Jean-Pierre Denis ferraille contre nos tentations – dont celle de la sécularisation tranquille, du découragement geignard, la tentation identitaire, celle de la folklorisation – et, ce combat mené, il prône un catholicisme attestataire. Attestataire ? C’est un catholicisme de témoignage, qui n’hésite pas à témoigner de sa foi, même simplement. Sans oriflammes, sans monter sur un tabouret aux carrefours, mais sans hésiter à poser les paroles simples que nos contemporains attendent parfois encore de nous.

Vous vous sentez faibles, maladroits, indignes ? Banco. Car il rappelle que Dieu a choisi ses prophètes chez les petits et les faibles. Moïse ? Mauvais orateur. Jérémie ? « Je ne sais pas parler, car je suis un enfant ». Jonas ? Quand il comprend ce que Dieu attend de lui, il se casse. Et Jean-Pierre d’aller dans ses Pyrénées chercher Bernadette, la bergère qui n’avait même pas fini son caté.

Jean-Pierre en (r)appelle à la contre-culture. Pas au sens d’une culture en opposition à la culture commune, non, « une contre-culture dans sa culture ». Davantage au sens d’un havre pour ceux que les winners oublient – et cela en fait, du monde. Une culture des valeurs faibles : pauvreté, humilité, hospitalité… Certains rêvent d’un christianisme conquérant, claquant au vent, glorieux. Mais comme il le rappelle dans cet entretien, pas de chance, c’est notre Croix : nous ne pouvons pas faire comme tout le monde, et selon les critères du monde (avec force, grandiloquence, et éclat), parce que « le christianisme inverse les valeurs ». Ajoutons qu’il « renverse les puissants de leur trône, renvoie les riches les mains vides».

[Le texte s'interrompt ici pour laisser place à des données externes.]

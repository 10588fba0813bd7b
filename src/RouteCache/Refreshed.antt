-- ===== src/RouteCache/Refreshed.antt =====
-- firmware_core/route_cache.c: what the search for a route changes in the neighbour table.
use rivr.Common.{ℕ, zero, suc, refl, inl, inr, Bool, not, Option, none, some, List, []}
use rivr.Common.{leb, Bool-cases, Option-cases, length, get_or, set, length-set, sub32}
use rivr.Common.{◌≡◌, ◌∙◌, ◌||◌, ◌∷◌, ◌==◌}
use rivr.Neighbor.{Neighbor, Table, empty, entry_at, mark_stale, find_slot}
unfoldable use rivr.Neighbor.{find}
use rivr.RouteCache.{Entry, is_valid, expire_entry}
use rivr.RouteCache.BestHop.{Search, is_pending}
unfoldable use rivr.RouteCache.BestHop.{entry_composite_score, weigh, search}

-- An entry without its flags.
abbrev pub erase : Neighbor → Neighbor
erase n = record n { flags = 0 }

-- The table `t` differs from `t0` at most in the flags of its entries.
pub record IsRefreshed (t0 t : Table) : Type 0 where
  pub counts : t.count ≡ t0.count
  pub sizes : length t.entries ≡ length t0.entries
  pub same : (i : ℕ) → erase (entry_at t i) ≡ erase (entry_at t0 i)

-- The same for a table that may be missing.
abbrev pub IsRefresh : Option Table → Option Table → Type 0
IsRefresh none none = Unit
IsRefresh (some t0) (some t) = IsRefreshed t0 t
IsRefresh none (some t) = ⊥
IsRefresh (some t0) none = ⊥

IsRefresh-refl : (t : Option Table) → IsRefresh t t
IsRefresh-refl none = tt
IsRefresh-refl (some t) = record { counts = refl; sizes = refl; same = λ i. refl }

IsRefresh-trans : (t0 t1 t2 : Option Table) → IsRefresh t0 t1 → IsRefresh t1 t2 → IsRefresh t0 t2
IsRefresh-trans none none none h k = tt
IsRefresh-trans none none (some t) h k = k
IsRefresh-trans none (some t1) t2 h k = absurd h
IsRefresh-trans (some t0) none t2 h k = absurd h
IsRefresh-trans (some t0) (some t1) none h k = k
IsRefresh-trans (some t0) (some t1) (some t2) h k = record {
  counts = k.counts ∙ h.counts;
  sizes = k.sizes ∙ h.sizes;
  same = λ i. k.same i ∙ h.same i;
}

erase-set :
    (es : List Neighbor) (i j : ℕ) (n : Neighbor)
    → erase n ≡ erase (get_or es i empty)
    → erase (get_or (set es i n) j empty) ≡ erase (get_or es j empty)
erase-set [] i j n h = refl
erase-set (e ∷ es) zero zero n h = h
erase-set (e ∷ es) zero (suc j) n h = refl
erase-set (e ∷ es) (suc i) zero n h = refl
erase-set (e ∷ es) (suc i) (suc j) n h = erase-set es i j n h

find-IsRefreshed : (t : Table) (node_id now_ms : ℕ) → IsRefreshed t (find t node_id now_ms).0
unfolding find
find-IsRefreshed t node_id now_ms =
    let stays : IsRefreshed t t = IsRefresh-refl (some t) in
    elim (Bool-cases (node_id == 0)) [
      | inl e ↦ rw e stays
      | inr e ↦ elim (Option-cases (find_slot t node_id)) [
        | inl gone ↦ rw (e, gone) stays
        | inr (i, there) ↦
            let age = sub32 now_ms (entry_at t i).last_seen_ms in
            elim (Bool-cases (leb 120000 age)) [
              | inl old ↦ rw (e, there, old) stays
              | inr young ↦
                  rw (e, there, young)
                    (record {
                      counts = refl;
                      sizes = length-set t.entries i (mark_stale (entry_at t i) age);
                      same = λ j. erase-set t.entries i j (mark_stale (entry_at t i) age) refl;
                    })
            ]
      ]
    ]

score-IsRefresh :
    (airtime_routing : Bool) (e : Entry) (t : Option Table) (now_ms : ℕ)
    → IsRefresh t (entry_composite_score airtime_routing e t now_ms).0
unfolding entry_composite_score
score-IsRefresh airtime_routing e none now_ms =
    elim (Bool-cases (leb 120000 (sub32 now_ms e.last_seen_ms))) [
      | inl old ↦ rw old tt
      | inr young ↦ rw young tt
    ]
score-IsRefresh airtime_routing e (some t) now_ms =
    elim (Bool-cases (leb 120000 (sub32 now_ms e.last_seen_ms))) [
      | inl old ↦ rw old (IsRefresh-refl (some t))
      | inr young ↦ elim (Option-cases (find t e.next_hop now_ms).1) [
        | inl gone ↦ rw (young, gone) (find-IsRefreshed t e.next_hop now_ms)
        | inr (i, there) ↦ rw (young, there) (find-IsRefreshed t e.next_hop now_ms)
      ]
    ]

pub search-IsRefresh :
    (airtime_routing : Bool) (es : List Entry) (s : Search) (dst_id now_ms : ℕ)
    → IsRefresh s.ntbl (search airtime_routing es s dst_id now_ms).1.ntbl
unfolding search weigh
search-IsRefresh airtime_routing [] s dst_id now_ms = IsRefresh-refl s.ntbl
search-IsRefresh airtime_routing (e ∷ es) s dst_id now_ms =
    let e' = (expire_entry e now_ms).0 in
    let gone = (expire_entry e now_ms).1 in
    let next = weigh airtime_routing s e' now_ms in
    elim (Bool-cases (not (e.dst_id == dst_id) || (gone || (not (is_valid e') || is_pending e')))) [
      | inl skip ↦ rw skip (search-IsRefresh airtime_routing es s dst_id now_ms)
      | inr keep ↦ rw keep (
          IsRefresh-trans s.ntbl next.ntbl (search airtime_routing es next dst_id now_ms).1.ntbl
            (score-IsRefresh airtime_routing e' s.ntbl now_ms)
            (search-IsRefresh airtime_routing es next dst_id now_ms))
    ]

Comme le fragment de page qui orne ce billet l’illustre, Jean-Pierre Denis en appelle à un retour à la proximité et à l’accompagnement, au soin de ceux qui, peut-être, ont pu être négligés par l’Eglise- et parmi eux, ceux qui, pourtant, déclarent encore aujourd’hui leur catholicisme alors même que leur pratique n’est qu’exceptionnelle. Jean-Pierre Denis invite à prendre au sérieux cet attachement persistant, à prendre au sérieux ce qu’il appelle une pratique « paralitugirque. » Avions-nous cessé de le faire ? Pas toujours, pas partout. En revanche, je suis sûr que l’Eglise, et ses fidèles, sont aujourd’hui encore trop souvent perçus avant tout comme ceux qui « ont un avis sur nos vies ».

Pourtant, j’en suis témoin, il en est encore pour demander, comme le père de l’auteur, au seuil de la mort, à son fils :

Dis-moi, quel est le chemin ?

*

Et, pour rappel, puisque beaucoup m’ont dit l’avoir ignoré jusque-là : il existe aussi un groupe Facebook, KolKoz.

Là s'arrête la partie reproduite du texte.